What you should do> Set the data down again, exactly as it appears below.

*** Opening of Data for this exercise ***

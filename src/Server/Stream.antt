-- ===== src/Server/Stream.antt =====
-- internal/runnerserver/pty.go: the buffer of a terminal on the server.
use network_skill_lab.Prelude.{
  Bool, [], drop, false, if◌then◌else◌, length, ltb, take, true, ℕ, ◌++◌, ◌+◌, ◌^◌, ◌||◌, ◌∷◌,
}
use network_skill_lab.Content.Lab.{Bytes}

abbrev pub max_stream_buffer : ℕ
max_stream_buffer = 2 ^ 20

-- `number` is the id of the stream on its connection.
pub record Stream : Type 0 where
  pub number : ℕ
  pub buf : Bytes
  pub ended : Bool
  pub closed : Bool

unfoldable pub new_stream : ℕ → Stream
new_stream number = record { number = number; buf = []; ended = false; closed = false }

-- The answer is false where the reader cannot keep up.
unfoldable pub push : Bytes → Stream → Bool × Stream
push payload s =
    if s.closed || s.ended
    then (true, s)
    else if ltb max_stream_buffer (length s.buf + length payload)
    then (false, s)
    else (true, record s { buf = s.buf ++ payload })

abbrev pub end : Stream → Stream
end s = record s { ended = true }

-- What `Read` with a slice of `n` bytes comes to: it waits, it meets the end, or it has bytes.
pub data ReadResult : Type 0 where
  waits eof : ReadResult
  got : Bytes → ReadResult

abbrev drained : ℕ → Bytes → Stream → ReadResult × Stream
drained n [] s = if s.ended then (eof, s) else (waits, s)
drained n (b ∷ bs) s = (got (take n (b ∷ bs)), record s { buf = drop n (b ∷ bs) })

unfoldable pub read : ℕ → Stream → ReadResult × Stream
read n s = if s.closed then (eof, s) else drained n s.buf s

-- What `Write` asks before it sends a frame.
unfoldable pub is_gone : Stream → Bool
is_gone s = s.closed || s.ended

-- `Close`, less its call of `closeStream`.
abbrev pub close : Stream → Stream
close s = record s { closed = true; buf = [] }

*** Close of Data for this exercise ***

Written response>
filename src/Server/Stream.antt
-- ===== src/Server/Stream.antt =====
-- internal/runnerserver/pty.go: the buffer of a terminal on the server.
use network_skill_lab.Prelude.{
  Bool, [], drop, false, if◌then◌else◌, length, ltb, take, true, ℕ, ◌++◌, ◌+◌, ◌^◌, ◌||◌, ◌∷◌,
}
use network_skill_lab.Content.Lab.{Bytes}

abbrev pub max_stream_buffer : ℕ
max_stream_buffer = 2 ^ 20

-- `number` is the id of the stream on its connection.
pub record Stream : Type 0 where
  pub number : ℕ
  pub buf : Bytes
  pub ended : Bool
  pub closed : Bool

unfoldable pub new_stream : ℕ → Stream
new_stream number = record { number = number; buf = []; ended = false; closed = false }

-- The answer is false where the reader cannot keep up.
unfoldable pub push : Bytes → Stream → Bool × Stream
push payload s =
    if s.closed || s.ended
    then (true, s)
    else if ltb max_stream_buffer (length s.buf + length payload)
    then (false, s)
    else (true, record s { buf = s.buf ++ payload })

abbrev pub end : Stream → Stream
end s = record s { ended = true }

-- What `Read` with a slice of `n` bytes comes to: it waits, it meets the end, or it has bytes.
pub data ReadResult : Type 0 where
  waits eof : ReadResult
  got : Bytes → ReadResult

abbrev drained : ℕ → Bytes → Stream → ReadResult × Stream
drained n [] s = if s.ended then (eof, s) else (waits, s)
drained n (b ∷ bs) s = (got (take n (b ∷ bs)), record s { buf = drop n (b ∷ bs) })

unfoldable pub read : ℕ → Stream → ReadResult × Stream
read n s = if s.closed then (eof, s) else drained n s.buf s

-- What `Write` asks before it sends a frame.
unfoldable pub is_gone : Stream → Bool
is_gone s = s.closed || s.ended

-- `Close`, less its call of `closeStream`.
abbrev pub close : Stream → Stream
close s = record s { closed = true; buf = [] }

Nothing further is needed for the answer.